With my discoveries I created this notation for f2l, based on reduction:
http://filipeteixeira.com.br/cube/?section=f2l
http://filipeteixeira.com.br/cube/f2l.pdf (PDF)

Next phase was to learn to reduce rotations, so I would scramble <R, U> by hand and try to solve it <R, U> again. I then found new algs by solving intuitively the f2l, then I learned full OLL and reached sub20.

Maybe you can use some of those ideas, mainly <R, U> and <L, U> when possible and scrambling whole cube to solve on 4 slots from every angle, because that's what is going to happen on real solves. not just solving DFR every time, that doesn't help, maybe leave that as an option.


----------



## Thomas Henrissat (Sep 21, 2018)

Filipe Teixeira said:


> I didn't have any apps when I started speedsolving, so here I my learning process:
> 
> When I started, I printed badmephisto's algs for f2l and a list o scrambles. I would apply a scramble, solve the cross then look for a case and then apply the alg trying to understand what was going on. I learned the 42 cases this way. Then I started to understand that the algs overllaped and reduced to other basic cases.
> 
> ...



Thank you for your sharing your experience. It's interesting because it's close to what we are doing, we had a similar train of thought when we started making the app. We hope to be able to help beginners achieve what you've done by yourself, making it easier for everyone to practice and learn better solutions.


----------



## Thomas Henrissat (Feb 2, 2019)

If anyone is still following this thread, this app is out in alpha!

Learn more about it here

__
https://www.reddit.com/r/Cubers/comments/amcg9u


----------



## Filipe Teixeira (Feb 2, 2019)

I'm in love T_T
the app is so polished and easy to use! congratulations for your work!

It would be great to have a comments section so we could share other algs and have votes for comments, like this algs:


setupmy solution
F' (U F U' F') U2 F

(R' F R F') (R U' R' U) (R U' R')

F' U' (F U2 F' U) F U'

U' r U' R' U R U r'

(R U' R' U') (R' F R F') U'

U2 R2 U2 R' U' R U' R2

F' U (F U F' U') F U'

M' U' R U R' U2 R U' r'

(R U' R' U') (F R' F' R) U'

l U L F' L' U' l'

(F' U' F U) (F' U F U2)

F' L' U2 L F

R' U' R2 U' R2 U2 R

(R U' R' U) (R U' R') U2 (R U' R')

(R U R') F (R U R' U') F'

U' R U R2' F R F' R U' R'


----------



## Thomas Henrissat (Feb 2, 2019)

Filipe Teixeira said:


> I'm in love T_T



I'm happy to ear that ahah!


----------



## SolvingRubik (Feb 4, 2019)

This looks great!

I love the SVG paths defining the stickers to look like modern speedcube faces. What this created manually? Or are you able to generate a side given different viewing angles etc...



Thomas Henrissat said:


> I started by creating a data structure representing the cube, then looked at how every single move was affecting my real cube and finally, I created functions to manipulate my data accordingly.
> 
> One and a half days later it's fully functional, I can input an algorithm and apply it to the cube. It can take every legal move and it's variants (even full cube rotations) and ignores parentheses. The hole thing is coded in Javascript and you can see it in action here:



Also i'm curious about the cube data model and functions to manipulate it that you mentioned above. Is it generic enough to model an NxN cube? And how have you implemented the methods to scramble? I wonder because i've made several javascript cube libraries but they always end up getting overly complicated. Also a bit inefficient, as when I apply a move to the data model I think I end up creating/destroying too many extra objects. So for large cubes it can be slow.

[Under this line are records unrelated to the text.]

-- ===== src/Ledger/Totals.antt =====
-- The sums of a game after `recalculateGame`, against its transactions.
use allinle.Prelude.{◌≡◌, refl, ap, ap₂, ◌∙◌, List, [], ◌∷◌, map, if◌then◌else◌}
use allinle.Prelude.Int.{ℤ, pos, ◌+ℤ◌, ◌-ℤ◌, int_laws}
use allinle.Ledger.{
  LedgerTransactionType, buy_in, rebuy, cash_out, adjustment, LedgerTransaction, LedgerPlayer,
  LedgerGame, is_buy, is_cash_out, is_adjustment, Sums, add_if, count_transaction, count_player,
  add_transactions, no_sums, recalculate_player, GameSums, add_players, no_totals, recalculated,
}

unfoldable pub sum_ℤ : List ℤ → ℤ
sum_ℤ [] = pos 0
sum_ℤ (a ∷ as') = a +ℤ sum_ℤ as'

-- What a transaction adds to a profit.
abbrev pub signed : LedgerTransaction → ℤ
signed t = if is_buy t.type then pos 0 -ℤ t.amount else t.amount

abbrev pub bought : LedgerTransaction → ℤ
bought t = if is_buy t.type then t.amount else pos 0

abbrev pub cashed : LedgerTransaction → ℤ
cashed t = if is_cash_out t.type then t.amount else pos 0

abbrev pub tally : (LedgerTransaction → ℤ) → LedgerPlayer → ℤ
tally f p = sum_ℤ (map f p.transactions)

buys-add_transactions :
    (s : Sums) (ts : List LedgerTransaction)
    → (add_transactions s ts).buy_in ≡ s.buy_in +ℤ sum_ℤ (map bought ts)
unfolding add_transactions sum_ℤ
buys-add_transactions s [] = grind int_laws
buys-add_transactions s (t ∷ ts) = buys-add_transactions (count_transaction s t) ts ∙ step t.type
  where
    step :
        (k : LedgerTransactionType)
        → add_if (is_buy k) s.buy_in t.amount +ℤ sum_ℤ (map bought ts)
          ≡ s.buy_in +ℤ ((if is_buy k then t.amount else pos 0) +ℤ sum_ℤ (map bought ts))
    step buy_in = grind int_laws
    step rebuy = grind int_laws
    step cash_out = grind int_laws
    step adjustment = grind int_laws

cash-add_transactions :
    (s : Sums) (ts : List LedgerTransaction)
    → (add_transactions s ts).cash_out ≡ s.cash_out +ℤ sum_ℤ (map cashed ts)
unfolding add_transactions sum_ℤ
cash-add_transactions s [] = grind int_laws
cash-add_transactions s (t ∷ ts) = cash-add_transactions (count_transaction s t) ts ∙ step t.type
  where
    step :
        (k : LedgerTransactionType)
        → add_if (is_cash_out k) s.cash_out t.amount +ℤ sum_ℤ (map cashed ts)
          ≡ s.cash_out +ℤ ((if is_cash_out k then t.amount else pos 0) +ℤ sum_ℤ (map cashed ts))
    step buy_in = grind int_laws
    step rebuy = grind int_laws
    step cash_out = grind int_laws
    step adjustment = grind int_laws

abbrev net : Sums → ℤ
net s = s.cash_out -ℤ s.buy_in +ℤ s.adjustment

net-add_transactions :
    (s : Sums) (ts : List LedgerTransaction)
    → net (add_transactions s ts) ≡ net s +ℤ sum_ℤ (map signed ts)
unfolding add_transactions sum_ℤ
net-add_transactions s [] = grind int_laws
net-add_transactions s (t ∷ ts) = net-add_transactions (count_transaction s t) ts ∙ step t.type
  where
    step :
        (k : LedgerTransactionType)
        → add_if (is_cash_out k) s.cash_out t.amount
            -ℤ add_if (is_buy k) s.buy_in t.amount
            +ℤ add_if (is_adjustment k) s.adjustment t.amount
            +ℤ sum_ℤ (map signed ts)
          ≡ net s +ℤ ((if is_buy k then pos 0 -ℤ t.amount else t.amount) +ℤ sum_ℤ (map signed ts))
    step buy_in = grind int_laws
    step rebuy = grind int_laws
    step cash_out = grind int_laws
    step adjustment = grind int_laws

module _ where
  buys-add_players :
      (s : GameSums) (ps : List LedgerPlayer)
      → (add_players s ps).buy_in ≡ s.buy_in +ℤ sum_ℤ (map (λ p. p.total_buy_in) ps)
  unfolding add_players sum_ℤ
  buys-add_players s [] = grind int_laws
  buys-add_players s (p ∷ ps) = buys-add_players (count_player s p) ps ∙ grind int_laws

  cash-add_players :
      (s : GameSums) (ps : List LedgerPlayer)
      → (add_players s ps).cash_out ≡ s.cash_out +ℤ sum_ℤ (map (λ p. p.total_cash_out) ps)
  unfolding add_players sum_ℤ
  cash-add_players s [] = grind int_laws
  cash-add_players s (p ∷ ps) = cash-add_players (count_player s p) ps ∙ grind int_laws

  profit-add_players :
      (s : GameSums) (ps : List LedgerPlayer)
      → (add_players s ps).profit ≡ s.profit +ℤ sum_ℤ (map (λ p. p.profit) ps)
  unfolding add_players sum_ℤ
  profit-add_players s [] = grind int_laws
  profit-add_players s (p ∷ ps) = profit-add_players (count_player s p) ps ∙ grind int_laws

-- The sums of a game and of its players are those of their transactions.
pub record Tallied (g : LedgerGame) : Type 0 where
  pub buys : g.total_buy_in ≡ sum_ℤ (map (tally bought) g.players)
  pub cash : g.total_cash_out ≡ sum_ℤ (map (tally cashed) g.players)
  pub profits : g.total_profit ≡ sum_ℤ (map (tally signed) g.players)
  pub each_profit : map (λ p. p.profit) g.players ≡ map (tally signed) g.players

pos_zero_add : (a : ℤ) → pos 0 +ℤ a ≡ a
pos_zero_add a = grind int_laws

zero_net : pos 0 -ℤ pos 0 +ℤ pos 0 ≡ pos 0
zero_net = grind int_laws

map-recalculate_player :
    (f g : LedgerPlayer → ℤ)
    → ((p : LedgerPlayer) → f (recalculate_player p) ≡ g (recalculate_player p))
    → (ps : List LedgerPlayer)
    → map f (map recalculate_player ps) ≡ map g (map recalculate_player ps)
map-recalculate_player f g h [] = refl
map-recalculate_player f g h (p ∷ ps) = ap₂ ◌∷◌ (h p) (map-recalculate_player f g h ps)

pub recalculated-Tallied : (g : LedgerGame) → Tallied (recalculated g)
unfolding recalculated
recalculated-Tallied g =
    let ps = map recalculate_player g.players in
    record {
      buys =
          buys-add_players no_totals ps
          ∙ pos_zero_add _
          ∙ ap sum_ℤ (map-recalculate_player (λ p. p.total_buy_in) (tally bought) buy_of g.players);
      cash =
          cash-add_players no_totals ps
          ∙ pos_zero_add _
          ∙ ap sum_ℤ
              (map-recalculate_player (λ p. p.total_cash_out) (tally cashed) cash_of g.players);
      profits =
          profit-add_players no_totals ps
          ∙ pos_zero_add _
          ∙ ap sum_ℤ (map-recalculate_player (λ p. p.profit) (tally signed) profit_of g.players);
      each_profit = map-recalculate_player (λ p. p.profit) (tally signed) profit_of g.players;
    }
  where
    buy_of :
        (p : LedgerPlayer)
        → (recalculate_player p).total_buy_in ≡ tally bought (recalculate_player p)
    buy_of p =
        unfold recalculate_player in buys-add_transactions no_sums p.transactions ∙ pos_zero_add _

    cash_of :
        (p : LedgerPlayer)
        → (recalculate_player p).total_cash_out ≡ tally cashed (recalculate_player p)
    cash_of p =
        unfold recalculate_player in cash-add_transactions no_sums p.transactions ∙ pos_zero_add _

    profit_of :
        (p : LedgerPlayer) → (recalculate_player p).profit ≡ tally signed (recalculate_player p)
    profit_of p =
        unfold recalculate_player in
        net-add_transactions no_sums p.transactions
        ∙ ap (λ z. z +ℤ tally signed p) zero_net
        ∙ pos_zero_add _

So I was curious what your approach was


----------



## Thomas Henrissat (Feb 4, 2019)

SolvingRubik said:


> This looks great!
> 
> I love the SVG paths defining the stickers to look like modern speedcube faces. What this created manually? Or are you able to generate a side given different viewing angles etc...
> 
> ...



Thank you!

I drew the SVG myself using my GTS2M as a model, the goal was to make it look like a modern speedcube while remaining easy to read.
The great thing about SVGs is that you can actually modify them in realtime using Javascript. My cube is all white by default and I apply the colors to correspond to a given cube state, you can even make it move and solve it like a real cube.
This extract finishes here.